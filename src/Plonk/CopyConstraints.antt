-- ===== src/Plonk/CopyConstraints.antt =====
-- plonky2/src/plonk/circuit_builder.rs: `sigma_vecs`, which makes the permutation of the wires from
-- the copy constraints. `none` is a panic.
pub mod Rows
pub mod Targets
pub mod Correct
pub mod Values
mod Tests
use plonky.Common.{ℕ, zero, suc, ◌+◌, Option, none, some, List, [], ◌∷◌, length, ◌>>=◌}
use plonky.Util.{log2_strict}
use plonky.Plonk.PermutationArgument.{
  Target, wire, virtual_target, Forest, add, merge, compress_paths,
}
use plonky.Plonk.PermutationArgument
use plonky.Plonk.WirePartition.{wire_at, wire_partition, get_sigma_polys}

-- What `sigma_vecs` reads of the builder and its configuration; `degree` is the number of gate
-- instances, and a copy constraint is its pair of targets.
pub record Circuit : Type 0 where
  pub num_wires : ℕ
  pub num_routed_wires : ℕ
  pub degree : ℕ
  pub virtual_target_index : ℕ
  pub copy_constraints : List (Target × Target)

-- `for input in input..input + left`
unfoldable pub add_wires : ℕ → ℕ → ℕ → Forest → Option Forest
unfolding add
add_wires zero gate input forest = some forest
add_wires (suc left) gate input forest = do
  forest' ← add forest (wire (wire_at gate input))
  add_wires left gate (suc input) forest'

unfoldable pub add_gates : ℕ → ℕ → ℕ → Forest → Option Forest
unfolding add_wires
add_gates zero gate num_wires forest = some forest
add_gates (suc left) gate num_wires forest = do
  forest' ← add_wires num_wires gate 0 forest
  add_gates left (suc gate) num_wires forest'

unfoldable pub add_virtual_targets : ℕ → ℕ → Forest → Option Forest
unfolding add
add_virtual_targets zero index forest = some forest
add_virtual_targets (suc left) index forest = do
  forest' ← add forest (virtual_target index)
  add_virtual_targets left (suc index) forest'

unfoldable pub merge_all : List (Target × Target) → Forest → Option Forest
unfolding merge
merge_all [] forest = some forest
merge_all ((a, b) ∷ constraints) forest = do
  forest' ← merge forest a b
  merge_all constraints forest'

-- `sigma_vecs` up to the compressed forest.
unfoldable pub constraint_forest : Circuit → Option Forest
unfolding add_gates add_virtual_targets merge_all compress_paths PermutationArgument.new
constraint_forest c = do
  let forest = PermutationArgument.new c.num_wires c.num_routed_wires c.degree
  with_wires ← add_gates c.degree 0 c.num_wires forest
  with_targets ← add_virtual_targets c.virtual_target_index 0 with_wires
  merged ← merge_all c.copy_constraints with_targets
  compress_paths merged

unfoldable pub sigma_vecs :
    {F : Type 0} → (F → F → F) → Circuit → List F → List F → Option (List (List F) × Forest)
unfolding constraint_forest wire_partition get_sigma_polys log2_strict
sigma_vecs mul c k_is subgroup = do
  degree_log ← log2_strict c.degree
  forest ← constraint_forest c
  partition ← wire_partition forest
  polys ← get_sigma_polys mul partition degree_log k_is subgroup
  some (polys, forest)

● ● ● ● ●

Produce a verbatim copy of all the material.

ANSWER FOR THIS EXERCISE →
filename src/Plonk/CopyConstraints.antt
-- ===== src/Plonk/CopyConstraints.antt =====
-- plonky2/src/plonk/circuit_builder.rs: `sigma_vecs`, which makes the permutation of the wires from
-- the copy constraints. `none` is a panic.
pub mod Rows
pub mod Targets
pub mod Correct
pub mod Values
mod Tests
use plonky.Common.{ℕ, zero, suc, ◌+◌, Option, none, some, List, [], ◌∷◌, length, ◌>>=◌}
use plonky.Util.{log2_strict}
use plonky.Plonk.PermutationArgument.{
  Target, wire, virtual_target, Forest, add, merge, compress_paths,
}
use plonky.Plonk.PermutationArgument
use plonky.Plonk.WirePartition.{wire_at, wire_partition, get_sigma_polys}

-- What `sigma_vecs` reads of the builder and its configuration; `degree` is the number of gate
-- instances, and a copy constraint is its pair of targets.
pub record Circuit : Type 0 where
  pub num_wires : ℕ
  pub num_routed_wires : ℕ
  pub degree : ℕ
  pub virtual_target_index : ℕ
  pub copy_constraints : List (Target × Target)

-- `for input in input..input + left`
unfoldable pub add_wires : ℕ → ℕ → ℕ → Forest → Option Forest
unfolding add
add_wires zero gate input forest = some forest
add_wires (suc left) gate input forest = do
  forest' ← add forest (wire (wire_at gate input))
  add_wires left gate (suc input) forest'

unfoldable pub add_gates : ℕ → ℕ → ℕ → Forest → Option Forest
unfolding add_wires
add_gates zero gate num_wires forest = some forest
add_gates (suc left) gate num_wires forest = do
  forest' ← add_wires num_wires gate 0 forest
  add_gates left (suc gate) num_wires forest'

unfoldable pub add_virtual_targets : ℕ → ℕ → Forest → Option Forest
unfolding add
add_virtual_targets zero index forest = some forest
add_virtual_targets (suc left) index forest = do
  forest' ← add forest (virtual_target index)
  add_virtual_targets left (suc index) forest'

unfoldable pub merge_all : List (Target × Target) → Forest → Option Forest
unfolding merge
merge_all [] forest = some forest
merge_all ((a, b) ∷ constraints) forest = do
  forest' ← merge forest a b
  merge_all constraints forest'

-- `sigma_vecs` up to the compressed forest.
unfoldable pub constraint_forest : Circuit → Option Forest
unfolding add_gates add_virtual_targets merge_all compress_paths PermutationArgument.new
constraint_forest c = do
  let forest = PermutationArgument.new c.num_wires c.num_routed_wires c.degree
  with_wires ← add_gates c.degree 0 c.num_wires forest
  with_targets ← add_virtual_targets c.virtual_target_index 0 with_wires
  merged ← merge_all c.copy_constraints with_targets
  compress_paths merged

unfoldable pub sigma_vecs :
    {F : Type 0} → (F → F → F) → Circuit → List F → List F → Option (List (List F) × Forest)
unfolding constraint_forest wire_partition get_sigma_polys log2_strict
sigma_vecs mul c k_is subgroup = do
  degree_log ← log2_strict c.degree
  forest ← constraint_forest c
  partition ← wire_partition forest
  polys ← get_sigma_polys mul partition degree_log k_is subgroup
  some (polys, forest)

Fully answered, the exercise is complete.